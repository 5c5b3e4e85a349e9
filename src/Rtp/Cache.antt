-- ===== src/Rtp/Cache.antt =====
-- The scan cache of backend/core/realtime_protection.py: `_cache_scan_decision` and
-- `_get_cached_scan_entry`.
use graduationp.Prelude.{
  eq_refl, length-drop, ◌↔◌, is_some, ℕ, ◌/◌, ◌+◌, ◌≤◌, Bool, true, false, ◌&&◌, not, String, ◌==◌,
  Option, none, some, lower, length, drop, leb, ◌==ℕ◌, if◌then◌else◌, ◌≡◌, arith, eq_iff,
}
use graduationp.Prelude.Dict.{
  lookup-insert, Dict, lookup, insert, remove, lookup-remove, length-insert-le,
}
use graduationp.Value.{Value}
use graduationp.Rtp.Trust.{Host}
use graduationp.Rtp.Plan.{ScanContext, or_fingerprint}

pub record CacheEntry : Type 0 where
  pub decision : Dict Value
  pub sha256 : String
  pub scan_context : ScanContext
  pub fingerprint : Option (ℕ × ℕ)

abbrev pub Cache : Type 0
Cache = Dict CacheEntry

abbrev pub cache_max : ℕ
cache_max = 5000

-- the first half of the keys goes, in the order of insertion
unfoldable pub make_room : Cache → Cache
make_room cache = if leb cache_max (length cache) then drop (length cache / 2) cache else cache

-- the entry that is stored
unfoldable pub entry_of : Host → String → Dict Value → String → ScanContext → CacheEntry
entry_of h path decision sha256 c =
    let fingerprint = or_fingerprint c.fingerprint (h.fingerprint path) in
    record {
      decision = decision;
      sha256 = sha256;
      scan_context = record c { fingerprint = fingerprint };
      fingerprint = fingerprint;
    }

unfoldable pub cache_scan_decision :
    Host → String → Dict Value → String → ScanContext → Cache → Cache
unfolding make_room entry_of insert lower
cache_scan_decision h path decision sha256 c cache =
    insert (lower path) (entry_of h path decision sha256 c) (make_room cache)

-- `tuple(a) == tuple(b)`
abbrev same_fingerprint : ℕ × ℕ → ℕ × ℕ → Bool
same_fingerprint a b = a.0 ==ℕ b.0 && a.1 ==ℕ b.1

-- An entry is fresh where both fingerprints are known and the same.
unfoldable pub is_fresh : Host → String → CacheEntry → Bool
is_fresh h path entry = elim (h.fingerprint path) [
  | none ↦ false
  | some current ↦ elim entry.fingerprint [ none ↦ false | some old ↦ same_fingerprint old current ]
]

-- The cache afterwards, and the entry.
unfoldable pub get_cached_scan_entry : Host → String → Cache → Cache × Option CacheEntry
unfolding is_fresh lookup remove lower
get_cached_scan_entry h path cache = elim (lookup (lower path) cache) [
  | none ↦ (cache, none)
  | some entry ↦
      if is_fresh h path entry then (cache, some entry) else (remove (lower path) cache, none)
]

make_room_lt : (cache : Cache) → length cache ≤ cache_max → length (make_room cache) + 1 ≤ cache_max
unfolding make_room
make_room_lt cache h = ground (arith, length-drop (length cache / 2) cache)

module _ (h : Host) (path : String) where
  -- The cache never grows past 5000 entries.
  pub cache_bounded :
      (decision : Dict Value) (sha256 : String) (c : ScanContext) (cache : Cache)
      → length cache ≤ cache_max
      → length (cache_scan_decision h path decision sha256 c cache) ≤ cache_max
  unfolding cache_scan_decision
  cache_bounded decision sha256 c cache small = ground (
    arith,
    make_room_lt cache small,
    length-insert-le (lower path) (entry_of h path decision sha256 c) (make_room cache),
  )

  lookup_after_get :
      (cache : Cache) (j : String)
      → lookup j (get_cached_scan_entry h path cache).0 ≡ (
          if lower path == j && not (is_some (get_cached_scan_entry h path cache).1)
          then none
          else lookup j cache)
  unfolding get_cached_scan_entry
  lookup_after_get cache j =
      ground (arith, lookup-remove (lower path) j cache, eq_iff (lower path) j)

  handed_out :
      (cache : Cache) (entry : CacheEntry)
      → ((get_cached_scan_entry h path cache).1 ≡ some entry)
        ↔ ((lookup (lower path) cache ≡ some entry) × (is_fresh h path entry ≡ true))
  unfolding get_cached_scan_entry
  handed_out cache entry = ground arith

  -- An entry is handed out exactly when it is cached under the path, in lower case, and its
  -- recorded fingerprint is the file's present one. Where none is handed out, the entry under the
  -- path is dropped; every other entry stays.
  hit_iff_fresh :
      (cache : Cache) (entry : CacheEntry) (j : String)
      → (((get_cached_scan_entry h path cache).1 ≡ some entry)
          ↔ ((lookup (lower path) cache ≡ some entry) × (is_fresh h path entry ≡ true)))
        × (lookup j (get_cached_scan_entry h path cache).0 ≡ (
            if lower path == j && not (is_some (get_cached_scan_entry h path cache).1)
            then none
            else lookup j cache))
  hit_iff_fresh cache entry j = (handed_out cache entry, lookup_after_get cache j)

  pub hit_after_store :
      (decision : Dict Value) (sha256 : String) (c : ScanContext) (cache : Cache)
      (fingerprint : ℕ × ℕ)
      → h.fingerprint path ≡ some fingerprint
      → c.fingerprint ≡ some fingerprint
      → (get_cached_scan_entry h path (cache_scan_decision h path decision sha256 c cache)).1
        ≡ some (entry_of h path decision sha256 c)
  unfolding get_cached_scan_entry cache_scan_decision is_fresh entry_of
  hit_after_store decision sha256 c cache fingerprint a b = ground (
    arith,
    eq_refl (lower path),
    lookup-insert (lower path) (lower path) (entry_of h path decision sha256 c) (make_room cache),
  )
----
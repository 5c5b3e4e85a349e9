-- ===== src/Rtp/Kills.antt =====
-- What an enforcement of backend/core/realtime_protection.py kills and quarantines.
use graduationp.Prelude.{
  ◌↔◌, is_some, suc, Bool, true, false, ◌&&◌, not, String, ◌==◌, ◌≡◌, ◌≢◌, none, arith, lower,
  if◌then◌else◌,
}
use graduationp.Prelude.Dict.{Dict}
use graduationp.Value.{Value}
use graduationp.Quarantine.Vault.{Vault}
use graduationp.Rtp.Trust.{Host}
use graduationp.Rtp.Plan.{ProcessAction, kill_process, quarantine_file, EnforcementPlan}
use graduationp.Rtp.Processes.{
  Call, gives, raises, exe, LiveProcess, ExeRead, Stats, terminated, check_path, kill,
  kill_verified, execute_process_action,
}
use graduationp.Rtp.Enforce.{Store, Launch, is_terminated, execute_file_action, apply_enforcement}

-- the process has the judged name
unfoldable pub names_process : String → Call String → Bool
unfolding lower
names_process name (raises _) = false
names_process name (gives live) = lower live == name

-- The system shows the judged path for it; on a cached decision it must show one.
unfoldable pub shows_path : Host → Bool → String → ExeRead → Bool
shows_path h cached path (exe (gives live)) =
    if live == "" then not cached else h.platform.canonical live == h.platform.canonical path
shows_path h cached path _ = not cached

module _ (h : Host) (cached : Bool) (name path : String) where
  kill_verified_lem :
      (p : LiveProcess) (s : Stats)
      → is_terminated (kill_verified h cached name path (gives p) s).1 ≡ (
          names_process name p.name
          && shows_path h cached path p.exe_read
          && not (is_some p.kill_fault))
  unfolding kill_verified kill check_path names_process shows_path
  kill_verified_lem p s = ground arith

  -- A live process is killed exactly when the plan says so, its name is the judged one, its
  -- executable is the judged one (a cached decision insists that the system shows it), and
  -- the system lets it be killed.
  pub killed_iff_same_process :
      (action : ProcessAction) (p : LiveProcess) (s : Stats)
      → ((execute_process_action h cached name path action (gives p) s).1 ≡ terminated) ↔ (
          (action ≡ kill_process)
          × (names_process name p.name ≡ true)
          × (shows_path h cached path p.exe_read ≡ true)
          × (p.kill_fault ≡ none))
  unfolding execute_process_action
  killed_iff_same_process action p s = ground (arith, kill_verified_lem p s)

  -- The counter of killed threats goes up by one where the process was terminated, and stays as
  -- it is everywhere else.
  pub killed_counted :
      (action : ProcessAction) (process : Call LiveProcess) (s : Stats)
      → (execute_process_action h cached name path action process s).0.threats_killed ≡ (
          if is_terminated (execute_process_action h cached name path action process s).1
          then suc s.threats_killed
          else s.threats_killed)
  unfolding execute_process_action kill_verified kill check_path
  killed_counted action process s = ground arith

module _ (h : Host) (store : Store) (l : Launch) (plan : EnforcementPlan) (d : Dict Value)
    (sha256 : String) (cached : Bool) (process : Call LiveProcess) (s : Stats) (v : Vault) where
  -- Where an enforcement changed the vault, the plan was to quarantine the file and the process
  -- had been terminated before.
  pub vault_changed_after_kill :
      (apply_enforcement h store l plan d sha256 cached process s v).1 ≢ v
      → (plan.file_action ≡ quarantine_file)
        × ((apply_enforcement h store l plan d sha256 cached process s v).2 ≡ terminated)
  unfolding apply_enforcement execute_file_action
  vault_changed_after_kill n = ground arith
----
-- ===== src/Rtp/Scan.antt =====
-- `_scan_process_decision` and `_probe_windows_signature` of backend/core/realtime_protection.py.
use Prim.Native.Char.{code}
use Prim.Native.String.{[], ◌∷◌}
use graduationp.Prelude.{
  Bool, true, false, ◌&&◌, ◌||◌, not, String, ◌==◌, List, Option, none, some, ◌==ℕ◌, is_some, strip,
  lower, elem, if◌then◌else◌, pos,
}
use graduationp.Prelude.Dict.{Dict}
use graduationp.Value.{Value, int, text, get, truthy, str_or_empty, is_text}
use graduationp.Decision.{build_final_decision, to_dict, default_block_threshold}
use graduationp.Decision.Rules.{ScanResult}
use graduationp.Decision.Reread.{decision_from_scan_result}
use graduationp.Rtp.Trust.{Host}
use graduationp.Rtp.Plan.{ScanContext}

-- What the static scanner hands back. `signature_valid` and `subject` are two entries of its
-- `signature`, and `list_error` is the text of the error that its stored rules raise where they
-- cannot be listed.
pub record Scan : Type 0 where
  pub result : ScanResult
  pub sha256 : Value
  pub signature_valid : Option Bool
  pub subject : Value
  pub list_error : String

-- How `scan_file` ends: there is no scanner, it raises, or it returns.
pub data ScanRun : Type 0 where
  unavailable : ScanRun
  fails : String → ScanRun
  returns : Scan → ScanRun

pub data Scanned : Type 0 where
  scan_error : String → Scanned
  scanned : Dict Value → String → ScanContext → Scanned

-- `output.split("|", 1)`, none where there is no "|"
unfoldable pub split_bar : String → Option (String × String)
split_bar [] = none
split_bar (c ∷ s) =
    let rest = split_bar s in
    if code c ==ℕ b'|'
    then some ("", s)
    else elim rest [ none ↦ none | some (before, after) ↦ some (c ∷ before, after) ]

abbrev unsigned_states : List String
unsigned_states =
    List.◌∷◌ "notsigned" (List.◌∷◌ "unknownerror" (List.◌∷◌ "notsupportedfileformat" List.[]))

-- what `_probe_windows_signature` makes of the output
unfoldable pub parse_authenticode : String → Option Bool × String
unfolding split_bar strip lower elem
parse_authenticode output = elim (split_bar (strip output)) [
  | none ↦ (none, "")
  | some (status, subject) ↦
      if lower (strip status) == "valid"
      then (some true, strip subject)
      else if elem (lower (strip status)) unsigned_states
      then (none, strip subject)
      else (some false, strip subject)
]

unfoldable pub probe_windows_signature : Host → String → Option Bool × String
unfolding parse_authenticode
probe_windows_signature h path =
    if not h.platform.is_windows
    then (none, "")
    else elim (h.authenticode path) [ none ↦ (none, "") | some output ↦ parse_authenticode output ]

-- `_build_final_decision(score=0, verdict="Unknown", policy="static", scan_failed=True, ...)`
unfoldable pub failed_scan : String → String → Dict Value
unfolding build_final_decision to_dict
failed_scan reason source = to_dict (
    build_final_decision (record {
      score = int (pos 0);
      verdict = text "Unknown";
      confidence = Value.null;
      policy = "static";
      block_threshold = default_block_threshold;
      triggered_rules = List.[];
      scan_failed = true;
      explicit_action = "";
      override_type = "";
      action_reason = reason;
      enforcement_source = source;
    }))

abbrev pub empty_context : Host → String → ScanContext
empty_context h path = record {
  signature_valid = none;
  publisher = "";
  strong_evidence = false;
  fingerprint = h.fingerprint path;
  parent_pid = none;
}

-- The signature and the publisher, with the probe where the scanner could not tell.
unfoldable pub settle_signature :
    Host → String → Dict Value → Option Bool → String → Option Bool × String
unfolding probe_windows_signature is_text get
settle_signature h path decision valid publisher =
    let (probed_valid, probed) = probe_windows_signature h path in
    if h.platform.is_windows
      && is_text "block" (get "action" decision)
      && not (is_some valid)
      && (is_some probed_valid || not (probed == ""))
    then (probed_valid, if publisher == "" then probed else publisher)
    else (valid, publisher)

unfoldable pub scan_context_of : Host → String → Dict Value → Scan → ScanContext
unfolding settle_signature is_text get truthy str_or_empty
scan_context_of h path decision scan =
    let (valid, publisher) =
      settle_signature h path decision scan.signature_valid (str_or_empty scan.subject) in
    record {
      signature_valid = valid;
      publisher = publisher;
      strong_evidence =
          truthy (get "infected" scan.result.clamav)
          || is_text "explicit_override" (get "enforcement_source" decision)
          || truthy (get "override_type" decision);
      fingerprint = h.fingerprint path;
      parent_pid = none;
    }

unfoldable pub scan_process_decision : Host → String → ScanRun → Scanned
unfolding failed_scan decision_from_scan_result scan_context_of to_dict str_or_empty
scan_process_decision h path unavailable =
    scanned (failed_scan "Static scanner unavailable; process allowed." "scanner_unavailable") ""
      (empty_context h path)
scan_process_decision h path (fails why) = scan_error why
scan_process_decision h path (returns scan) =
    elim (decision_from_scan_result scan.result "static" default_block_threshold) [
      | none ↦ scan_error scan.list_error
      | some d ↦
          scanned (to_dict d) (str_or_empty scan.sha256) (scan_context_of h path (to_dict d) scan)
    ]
----
EXERCISE REQUIREMENTS
Some lines contain the word "platform". Pull each one out of the listing.

REPLY TO THE TASK
    if live == "" then not cached else h.platform.canonical live == h.platform.canonical path
    if not h.platform.is_windows
    if h.platform.is_windows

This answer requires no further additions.